«La Storia è uno scandalo che dura da diecimila anni ha scritto Elsa Morante. In tanto tempo abbiamo smarrito la capacità di gridare all’orrore.»
Venga pure la fine
Roberto Riccardi
edizioni e/o
Collana: Sabot/age
ISBN: 9788866323747
Pagine: 224
Data di pubblicazione: 25 settembre 2013
Prezzo di copertina € 16,50
Il tenente Rocco Liguori è stato inviato all’Aia con l’ordine di indagare sul presunto suicidio del colonnello Dragojević, condannato dal Tribunale Internazionale per il massacro di Srebrenica e altri eccidi commessi fra il 1992 e il 1995 nel territorio della Bosnia-Erzegovina. È inevitabile per il tenente tornare indietro di sette anni, a quando era stato uno dei protagonisti della cattura del colonnello. Nel corso delle nuove indagini Liguori ritrova molte conoscenze di un tempo, compresa Jacqueline l’affascinante funzionaria della Croce Rossa con cui aveva intrecciato una relazione rimasta in sospeso. Il loro rapporto, fatto di sentimenti costantemente in bilico, riprende fra incomprensioni e parole non dette. Nel frattempo Liguori instaura una meno compromettente love story con Jelena, bosniaca musulmana, un’infermiera che ha lasciato da poco il reparto dove è ricoverato il colonnello. Due storie diverse ma legate entrambe all’indagine che Liguori porta avanti con ostinato senso del dovere e di giustizia sopra le parti, anche a costo di non seguire gli ordini che arrivano dall’alto, non sempre avulsi da trame e giochi di potere.
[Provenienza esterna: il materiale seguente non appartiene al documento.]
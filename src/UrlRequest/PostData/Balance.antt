-- ===== src/UrlRequest/PostData/Balance.antt =====
-- The references to files that the body of a request of src/ppb_url_request_info.c holds.
use freshplayerplugin.Base.{
  ℕ, zero, suc, ◌+◌, ◌≡◌, refl, ap, ◌∙◌, false, Option, none, some, List, [], ◌∷◌, ◌==◌,
  if◌then◌else◌, not, ◌||◌, ltb, length, decr-incr, incr_positive, is_nonpos, arith,
}
use freshplayerplugin.Resource.{Res, Registry, find}
use freshplayerplugin.Resource.Find.{find-add_ref, find-unref, more, less}
use freshplayerplugin.UrlRequest.{PostItem}
use freshplayerplugin.UrlRequest.PostData.{
  take_ref, copy_item, duplicate_items, post_data_duplicate, drop_ref, free_items, post_data_free,
}

unfoldable pub times {ℓ} : {X : Type ℓ} → ℕ → (X → X) → X → X
times zero f x = x
times (suc k) f x = times k f (f x)

times_add : {X : Type 0} (m n : ℕ) (f : X → X) (x : X) → times n f (times m f x) ≡ times (m + n) f x
unfolding times
times_add zero n f x = ap (λ k. times k f x) (plus_zero n)
  where
    plus_zero : (n : ℕ) → n ≡ 0 + n
    plus_zero n = omega arith
times_add (suc m) n f x = times_add m n f (f x) ∙ ap (λ k. times k f x) (plus_suc m n)
  where
    plus_suc : (m n : ℕ) → suc (m + n) ≡ suc m + n
    plus_suc m n = omega arith

times_comm : {X : Type 0} (k : ℕ) (f : X → X) (x : X) → times k f (f x) ≡ f (times k f x)
unfolding times
times_comm zero f x = refl
times_comm (suc k) f x = times_comm k f (f x)

-- How many slices of the file the items hold.
abbrev pub slice_of : ℕ → PostItem → ℕ
slice_of j i = if i.file_ref == 0 then 0 else if i.file_ref == j then 1 else 0

unfoldable pub slices : ℕ → List PostItem → ℕ
slices j [] = 0
slices j (i ∷ is) = slice_of j i + slices j is

-- The items that a copy keeps.
unfoldable pub nonempty_items : List PostItem → List PostItem
nonempty_items [] = []
nonempty_items (i ∷ is) =
    if not (i.file_ref == 0) || ltb 0 (length i.content)
    then i ∷ nonempty_items is
    else nonempty_items is

copy_item-nonempty :
    (i : PostItem) (rest : List PostItem)
    → copy_item i rest
      ≡ (if not (i.file_ref == 0) || ltb 0 (length i.content) then i ∷ rest else rest)
copy_item-nonempty i rest = ground arith

module _ {A : Type 0} where
  -- A resource that is there has a positive count.
  abbrev pub IsLive : Option (Res A) → Type 0
  IsLive none = Unit
  IsLive (some r) = is_nonpos r.ref_cnt ≡ false

  less-more : (o : Option (Res A)) → IsLive o → less (more o) ≡ o
  less-more none h = refl
  less-more (some r) h = ground (arith, decr-incr r.ref_cnt)

  more-IsLive : (o : Option (Res A)) → IsLive o → IsLive (more o)
  more-IsLive none h = tt
  more-IsLive (some r) h = incr_positive r.ref_cnt h

  times-IsLive : (k : ℕ) (o : Option (Res A)) → IsLive o → IsLive (times k more o)
  unfolding times
  times-IsLive zero o h = h
  times-IsLive (suc k) o h = times-IsLive k (more o) (more-IsLive o h)

  times-less-more : (k : ℕ) (o : Option (Res A)) → IsLive o → times k less (times k more o) ≡ o
  unfolding times
  times-less-more zero o h = refl
  times-less-more (suc k) o h =
      rw (times_comm k more o, less-more (times k more o) (times-IsLive k o h))
        (times-less-more k o h)

  find-take_ref :
      (i : PostItem) (j : ℕ) (g : Registry A)
      → find j (take_ref i g) ≡ times (slice_of j i) more (find j g)
  unfolding times
  find-take_ref i j g = ground (arith, find-add_ref i.file_ref j g)

  find-drop_ref :
      (i : PostItem) (j : ℕ) (g : Registry A)
      → find j (drop_ref i g) ≡ times (slice_of j i) less (find j g)
  unfolding times
  find-drop_ref i j g = ground (arith, find-unref i.file_ref j g)

  pub find-duplicate_items :
      (is : List PostItem) (j : ℕ) (g : Registry A)
      → find j (duplicate_items is g).1 ≡ times (slices j is) more (find j g)
  unfolding duplicate_items slices times
  find-duplicate_items [] j g = refl
  find-duplicate_items (i ∷ is) j g =
      find-duplicate_items is j (take_ref i g)
      ∙ ap (times (slices j is) more) (find-take_ref i j g)
      ∙ times_add (slice_of j i) (slices j is) more (find j g)

  pub find-free_items :
      (is : List PostItem) (j : ℕ) (g : Registry A)
      → find j (free_items is g) ≡ times (slices j is) less (find j g)
  unfolding free_items slices times
  find-free_items [] j g = refl
  find-free_items (i ∷ is) j g =
      find-free_items is j (drop_ref i g)
      ∙ ap (times (slices j is) less) (find-drop_ref i j g)
      ∙ times_add (slice_of j i) (slices j is) less (find j g)

  pub duplicate_items-copy :
      (is : List PostItem) (g : Registry A) → (duplicate_items is g).0 ≡ nonempty_items is
  unfolding duplicate_items nonempty_items
  duplicate_items-copy [] g = refl
  duplicate_items-copy (i ∷ is) g =
      ap (copy_item i) (duplicate_items-copy is (take_ref i g))
      ∙ copy_item-nonempty i (nonempty_items is)

slices-nonempty_items : (j : ℕ) (is : List PostItem) → slices j (nonempty_items is) ≡ slices j is
unfolding slices nonempty_items
slices-nonempty_items j [] = refl
slices-nonempty_items j (i ∷ is) = ground (arith, slices-nonempty_items j is)

module _ {A : Type 0} where
  -- `post_data_duplicate` copies all items but the pieces of no bytes, and takes one more reference
  -- to a file for each of its slices; `post_data_free` of the copy gives back just these: after it,
  -- every resource whose count was positive is in the table as before the copy was made.
  pub post_data_free-duplicate :
      (is : List PostItem) (g : Registry A) (j : ℕ)
      → IsLive (find j g)
      → let (copy, g1) = post_data_duplicate (some is) g in
        (copy ≡ some (nonempty_items is))
        × (find j g1 ≡ times (slices j is) more (find j g))
        × (find j (post_data_free copy g1) ≡ find j g)
  unfolding post_data_duplicate post_data_free
  post_data_free-duplicate is g j live = (
    ap some (duplicate_items-copy is g),
    find-duplicate_items is j g,
    find-free_items (duplicate_items is g).0 j (duplicate_items is g).1
        ∙ rw (duplicate_items-copy is g, slices-nonempty_items j is, find-duplicate_items is j g)
            (times-less-more (slices j is) (find j g) live),
  )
Le vicende dei singoli individui si intrecciano con quelle delle organizzazioni internazionali, dei governi, di ribelli e pacifisti, forze di polizia, medici e criminali di guerra, in un percorso a tappe che tocca le città europee con la loro scia di storia, di politicanti, di tribunali, orrori, intrighi. Un rincorrere la verità che non ha mai una sola faccia e che lascia un sapore amaro di sconfitta.
Il colonnello Dragojević, per giustificare gli orrori commessi, si serve delle parole di Elsa Morante nel libro La Storia, un libro che il tenente gli ha consigliato di leggere. Il colonnello afferma: «… anche per me la storia è una sequenza di orrori … noi uomini ci illudiamo di contare qualcosa, ma non siamo che pedine sull’immensa scacchiera della terra. Non decidiamo niente.»
Venga pure la fine, un romanzo costruito intorno alla cruda realtà della guerra, ci pone di fronte al problema delle colpe dei carnefici che, nell’espiare la condanna, possono diventare vittime a loro volta. La consapevolezza di questa tragica presa di coscienza traspare in ogni pagina. Con il procedere dell’indagine il tenente Liguori si fa carico delle conseguenze estreme a cui lo portano le vie contorte che deve seguire per arrivare alla verità.
Leggere il romanzo e cercare di comprendere il suo messaggio è un tutt’uno, e non si smette se non quando ogni tassello è al suo posto «perché è solo quando tutto finisce che incomincia davvero qualcosa».
Ma nel suo inseguire la verità, nel sollevare il velo che copre trame e delitti, nel trattare temi al limite della provocazione, la costruzione narrativa finisce per viaggiare prevalentemente sul binario della razionalità mettendo all’angolo il trasporto emotivo che pure l’autore cerca in tutti i modi di far emergere, ma che rimane come cristallizzato.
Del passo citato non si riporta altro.